Attentat de Magnanville : ces “bras cassés” qui nous tuent

A chaque fois, c’est pareil. On avait vu les terroristes quelques années plus tôt. Ils avaient “l’air de paumés”, pas très dangereux quoi. Mais c’est nous qui sommes paumés à rester dans des archétypes qui nous empêchent de voir le danger avant.

Ils sont avocats, juges, spécialistes du renseignement, journalistes. À chaque attentat, ils racontent la même histoire. “Oui, on les avaient vus à l’époque”. Une audition, un procès pour association de malfaiteurs en vue de commettre un acte terroriste. La ritournelle est toujours la même.

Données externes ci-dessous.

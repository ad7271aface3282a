-- ===== src/Ssh/Run/Dials.antt =====
-- internal/sshrun/runner.go, `client`: when a TCP connection is opened.
use khealth_tui.Base.{◌+◌, ◌-◌, ◌≤◌, ◌≡◌, ◌↔◌, refl, none, some, arith, inl, inr, Option-cases}
use khealth_tui.Text.{Text}
use khealth_tui.Text.Assoc.{get}
use khealth_tui.Ssh.{Runner, DialFailure, look, start_dial, dialed, dial_failed, dial_fail_memo}
use khealth_tui.Ssh
use khealth_tui.Ssh.Env.{Env, Conf}
use khealth_tui.Ssh.Become.{Site}
use khealth_tui.Ssh.Run.{client}

module _ (env : Env) (cfg : Conf) where
  -- No connection is cached, and no dial has failed within the last five seconds.
  abbrev pub NeedsDial : Site env → Text → Type 0
  NeedsDial s addr =
      (get addr s.0.clients ≡ none)
      × ((f : DialFailure) → get addr s.0.dial_fail ≡ some f → dial_fail_memo ≤ env.now s.1 - f.at)

  look-NeedsDial :
      (s : Site env) (addr : Text) → look s.0 addr (env.now s.1) ≡ Ssh.absent → NeedsDial s addr
  unfolding look
  look-NeedsDial s addr h = elim (Option-cases (get addr s.0.clients)) [
    | inr (c, e) ↦ absurd (ground (arith, h, e))
    | inl e ↦ (e, λ f q. ground (arith, h, e, q))
  ]

  NeedsDial-look :
      (s : Site env) (addr : Text) → NeedsDial s addr → look s.0 addr (env.now s.1) ≡ Ssh.absent
  unfolding look
  NeedsDial-look s addr (e, old) = elim (Option-cases (get addr s.0.dial_fail)) [
    | inl q ↦ rw (look, e, q) refl
    | inr (f, q) ↦ (let late = old f q in ground (arith, e, q, late))
  ]

  absent-dials :
      (s : Site env) (addr : Text)
      → look s.0 addr (env.now s.1) ≡ Ssh.absent
      → (client env cfg s addr).2.0.dials ≡ s.0.dials + 1
  unfolding client start_dial dialed dial_failed
  absent-dials s addr h = elim (Option-cases (env.dial s.1 addr cfg.user).0) [
    | inl e ↦ rw (client, h, e) refl
    | inr (x, e) ↦ rw (client, h, e) refl
  ]

  dials-absent :
      (s : Site env) (addr : Text)
      → (client env cfg s addr).2.0.dials ≡ s.0.dials + 1
      → look s.0 addr (env.now s.1) ≡ Ssh.absent
  unfolding client
  dials-absent s addr = go (look s.0 addr (env.now s.1)) refl
    where
      go :
          (f : Ssh.Found)
          → look s.0 addr (env.now s.1) ≡ f
          → (client env cfg s addr).2.0.dials ≡ s.0.dials + 1
          → look s.0 addr (env.now s.1) ≡ Ssh.absent
      go (Ssh.cached c) e h = absurd (ground (arith, h, e))
      go (Ssh.refused x) e h = absurd (ground (arith, h, e))
      go Ssh.absent e h = e

-- `client` opens a connection exactly when none is cached for the address and no dial to it has failed
-- within the last five seconds.
pub client-NeedsDial :
    (env : Env) (cfg : Conf) (s : Site env) (addr : Text)
    → ((client env cfg s addr).2.0.dials ≡ s.0.dials + 1) ↔ NeedsDial env cfg s addr
client-NeedsDial env cfg s addr = (
  (λ h. look-NeedsDial env cfg s addr (dials-absent env cfg s addr h)),
  (λ h. absent-dials env cfg s addr (NeedsDial-look env cfg s addr h)),
)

Combien de temps cela va-t-il durer ?

Larossi Abballa avait été jugé et condamné avec d’autres en 2013. “Ils avaient l’air paumés”, disait d’un ton un peu méprisant un avocat présent lors du procès ce matin sur ITELE. “De vrais bras cassés (…), non rien d’alarmant, ils n’étaient pas organisés”. “Un petit con à l’intelligence d’un cendrier vide”, disait encore l’avocat de Salah Abdeslam. En somme, “c’était pas ben Laden”.

Ça va durer combien de temps ? Pendant combien de temps encore va-t-on masquer l’incapacité à voir le danger à temps, les ratés de nos services de renseignements ou de surveillance, la mansuétude de notre appareil judiciaire, derrière ces âneries ? Parce que messieurs, au final, vos “bras cassés” nous tuent.

Tous les mouvements terroristes sont artisanaux

Non, il n’est pas nécessaire d’être un prix Nobel pour être un combattant déterminé, pour égorger et tuer. Les soldats d’élites du monde entier n’ont pas 150 de QI. On ne leur demande pas ça d’ailleurs. L’État islamique ne l’exige pas non plus de ses recrues. “Une intelligence d’un cendrier vide” comme celle d’Abdeslam suffit largement.

Non, il n’est pas nécessaire d’être hyper organisé comme Spectre dans James bond pour être dangereux. Tous les mouvements terroristes sont artisanaux. L’IRA, L’ETA, les Brigades rouges, la Bande à Baader, les GIA, Al Qaida improvisent, bricolent. Pourquoi ? Parce qu’ils sont clandestins tiens donc ! On attend quoi ? Qu’ils montent une boite de logistique, déposent un numéro de Siret et s’inscrivent au registre du commerce pour les considérer comme sérieux ?

Cinq ans d’obsession à cet âge, ça reste ancré au fond

Et puis non, quand à 20 ans, on décide de monter une filière de recrutement pour Al-Qaïda au Pakistan, on n’est pas paumé. Parce que c’est loin d’être évident. On est beaucoup plus paumé quand on deal du shit au coin de la rue pour se payer des fringues.

Les apprentis djihadistes ont déjà fait beaucoup de chemin quand ils en sont comme Abballa à se faire arrêter et juger en 2013. Ça fait même 5 ans qu’il ne rêve que d’une chose : aller en Afghanistan et faire la guerre. 5 ans d’obsession à cet âge, ça ne disparait pas avec un petit mea culpa, ça reste ancré au fond. Al-Qaïda ne voulant pas, on va alors voir vers l’EI et la Syrie. Si l’on n’arrive pas à décrocher son billet pour Raqqa, on demande à passer à l’acte à Magnanville.

Vouloir à toute force minimiser la dangerosité de ces appentis djihadistes est irresponsable. Cela permet juste de masquer les lacunes des uns et des autres et d’entretenir la psychose du loup solitaire. « Ils sont partout. N’importe qui peut passer à l’acte». Et bien non, justement. Depuis 2 ans, les terroristes qui ont frappé avaient tous un passé d’apprentis djihadistes. La plupart étaient passé dans les radars des autorités. Alors arrêtons d’entretenir des peurs diffuses et regardons le danger en face quand il se présente. Même s’il ressemble à “des bras cassés”.